Why does C have the best file API
Source: Hacker News
2026-02-28 (Programming) (Rants)
Memory Mapping in C
There are a lot of nice programming languages, but files always seem like an afterthought. You usually only get read(), write() and some kind of serialization library.
In C, you can access files exactly the same as data in memory:
#include
#include
#include
#include
#include
int main(void) {
// Create/open a file containing 1000 unsigned integers,
// initialized to all zeros.
int len = 1000 * sizeof(uint32_t);
int file = open("numbers.u32", O_RDWR | O_CREAT, 0600);
ftruncate(file, len);
// Map it into memory.
uint32_t *numbers = mmap(NULL, len,
PROT_READ | PROT_WRITE, MAP_SHARED,
file, 0);
// Do something:
printf("%d\n", numbers[42]);
numbers[42] = numbers[42] + 1;
// Clean up
munmap(numbers, len);
close(file);
return 0;
}
How Memory Mapping Differs from Loading
Memory mapping isn’t the same as loading a file into memory: it still works if the file doesn’t fit in RAM. Data is loaded as needed, so it won’t take all day to open a terabyte‑size file. It works with all data types and is automatically cached; the cache is cleared if the system needs memory for something else.
Limitations in Other Languages
However, in most other languages you have to read() in tiny chunks, parse, process, serialize, and finally write() back to disk. This is verbose and needlessly limited to sequential access—computers haven’t used tape for decades.
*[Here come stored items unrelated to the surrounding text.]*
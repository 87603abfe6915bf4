-- ===== src/App/RxTest.antt =====
-- main_rx of userspace/io_client/src/client_test.c, with its devices open: packets are asked for and
-- each is compared with a pattern. The call of it in main stands in a comment. The buffers have no
-- header, as io_client/makefile builds the program.
pub mod Memory
pub mod Check
pub mod Course
use streamio.Common.{
  ℕ, zero, suc, ◌+◌, ◌*◌, Bool, Option, none, some, List, [], ◌∷◌, replicate, get_elem?, take, drop,
  from_le, if◌then◌else◌, ◌>>=◌,
}
use streamio.Dma.{sizeof_channel_buffer}
use streamio.Local.{LocalBuffer, Answers, io_stream_zc_buffer_local}
use streamio.Remote.Deliver.{put_bytes, get_buffer}
use streamio.Backend.{
  MappedDevice, io_write_stream_device, io_read_stream_device, io_sync_stream_device,
}
use streamio.Backend.Local.{stream_local}
use streamio.Backend.Writes.{Setting, write_all}
use streamio.App.Validate.{validate_data}

abbrev pub test_size : ℕ
test_size = 2048

abbrev pub rx_setup : List Setting
rx_setup = (5, 3) ∷ (6, 2048) ∷ (5, 0) ∷ []

-- What a round meets: `stop` where the outer loop reads it and where the inner one does, and `arrived`,
-- the bytes that the engine has stored in the buffer when they are compared.
pub record RxAnswers : Type 0 where
  pub stop : Bool
  pub inner_stop : Bool
  pub tx : Answers
  pub rx : Answers
  pub sync : ℕ → Answers
  pub arrived : List ℕ

pub record RxState : Type 0 where
  pub dma_rx : LocalBuffer
  pub dma_tx : LocalBuffer

-- By the ends of the loops, by `exit` without a buffer, or by `force_exit`.
pub data RxEnd : Type 0 where
  finished no_buffer force_exit : RxEnd

-- The `n` first words of the buffer's memory.
pub words_of : ℕ → List ℕ → List ℕ
words_of zero bytes = []
words_of (suc n) bytes = from_le (take 4 bytes) ∷ words_of n (drop 4 bytes)

-- What is printed of the words makes the program give up.
abbrev pub verdict : Option (List ℕ) → Option RxEnd
verdict none = none
verdict (some ws) = some force_exit

-- The inner loop's body, with the buffer that was asked for.
pub rx_check : RxAnswers → ℕ → RxState → Option (RxState × Option RxEnd)
rx_check a id s = do
  c ← put_bytes id 0 (replicate (4 * test_size) 254) s.dma_rx.channel
  r ←
      io_read_stream_device (stream_local a.rx a.sync) (sizeof_channel_buffer * id) (4 * test_size)
        (record (s.dma_rx) { channel = c })
  d ← put_bytes id 0 a.arrived r.channel
  b ← get_elem? d.buffer_table id
  shown ← validate_data test_size (words_of test_size b.buffer)
  let s' : RxState = record s { dma_rx = record r { channel = d } }
  some (s', verdict shown)

-- The inner loop, which makes one round.
pub rx_inner : RxAnswers → RxState → Option (RxState × Option RxEnd)
rx_inner a s = do
  (t, unused) ← io_stream_zc_buffer_local a.tx s.dma_tx
  (r, got) ← io_stream_zc_buffer_local a.rx s.dma_rx
  let s' : RxState = record { dma_rx = r; dma_tx = t }
  elim got [ none ↦ some (s', some no_buffer) | some id ↦ rx_check a id s' ]

pub rx_round : RxAnswers → RxState → Option (RxState × Option RxEnd)
rx_round a s = do
  (s', end) ← if a.inner_stop then some (s, none) else rx_inner a s
  elim end [
    | some e ↦ some (s', some e)
    | none ↦ do
      r ← io_sync_stream_device (stream_local a.rx a.sync) s'.dma_rx
      some (record s' { dma_rx = r }, none)
  ]

-- The last `n` rounds of the outer loop, from round `i` on.
pub rx_loop : (ℕ → RxAnswers) → ℕ → ℕ → RxState → Option (RxState × RxEnd)
rx_loop answers zero i s = some (s, finished)
rx_loop answers (suc n) i s =
    let go = rx_round (answers i) s >>= λ r. elim r.1 [
      | none ↦ rx_loop answers n (i + 1) r.0
      | some e ↦ some (r.0, e)
    ] in
    if (answers i).stop then some (s, finished) else go

-- The source makes 10000000 rounds.
pub main_rx :
    {S : Type 0} → MappedDevice S → (ℕ → RxAnswers) → ℕ → S → RxState → Option (S × RxState × RxEnd)
main_rx map_dev answers loop_times w s = do
  w' ← write_all map_dev rx_setup w
  (s', end) ← rx_loop answers loop_times 0 s
  some (w', s', end)

-- main_tx of the same file, with its device open: the last `n` rounds, from round `j` on, in which whole
-- buffers are sent as they are found. Nothing calls it; the source makes 10000 rounds.
pub main_tx : (ℕ → Answers) → ℕ → ℕ → LocalBuffer → Option LocalBuffer
main_tx answers zero j l = some l
main_tx answers (suc n) j l = do
  (l1, id) ← get_buffer (answers j) l
  l2 ←
      io_write_stream_device (stream_local (answers j) answers) (sizeof_channel_buffer * id)
        (32768 * 4) l1
  main_tx answers n (j + 1) l2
If you’re lucky enough to have memory mapping, it will often be limited to byte arrays, which still require explicit parsing/serialization. It ends up being just a nicer way to call read() and write().
Performance and Overhead
C’s implementation isn’t perfect: memory mapping incurs overhead (page faults, TLB flushes) and C does nothing to handle endianness—but it still beats having no direct access at all.
Sure, you might want to do some parsing and validation, but that shouldn’t be required every time data leaves the disk. It’s very common to run out of memory, which makes it impossible to parse everything into RAM. Being able to offload data without complicating the code is very useful.
Security and Serialization
Just look at Python’s pickle: it’s a completely insecure serialization format. Loading a file can cause code execution even if you only wanted some numbers, yet it’s still widely used because it fits the mix‑code‑and‑data model of Python. A lot of files are not untrusted.
Filesystem as a Database
File manipulation is similarly neglected. The filesystem is the original NoSQL database, but you seldom get more than a wrapper around C’s readdir(). This usually results in people running another database, such as SQLite, on top of the filesystem, but relational databases never quite fit your program.
…and SQL integrates even worse than files: on top of having to serialize all your data, you have to write code in a whole separate language just to access it! Most programmers end up using it as a key‑value store and implement their own indexing, creating a bizarre triple‑nested database.
Conclusion
So to answer the title, I think it’s a result of a bad assumption: that data read from a file is coming from somewhere else and needs to be parsed, and that data written to disk is being sent somewhere and needs to be serialized into a standard format. This simply isn’t true on memory‑constrained systems—and with 100 GB files, every system is memory constrained.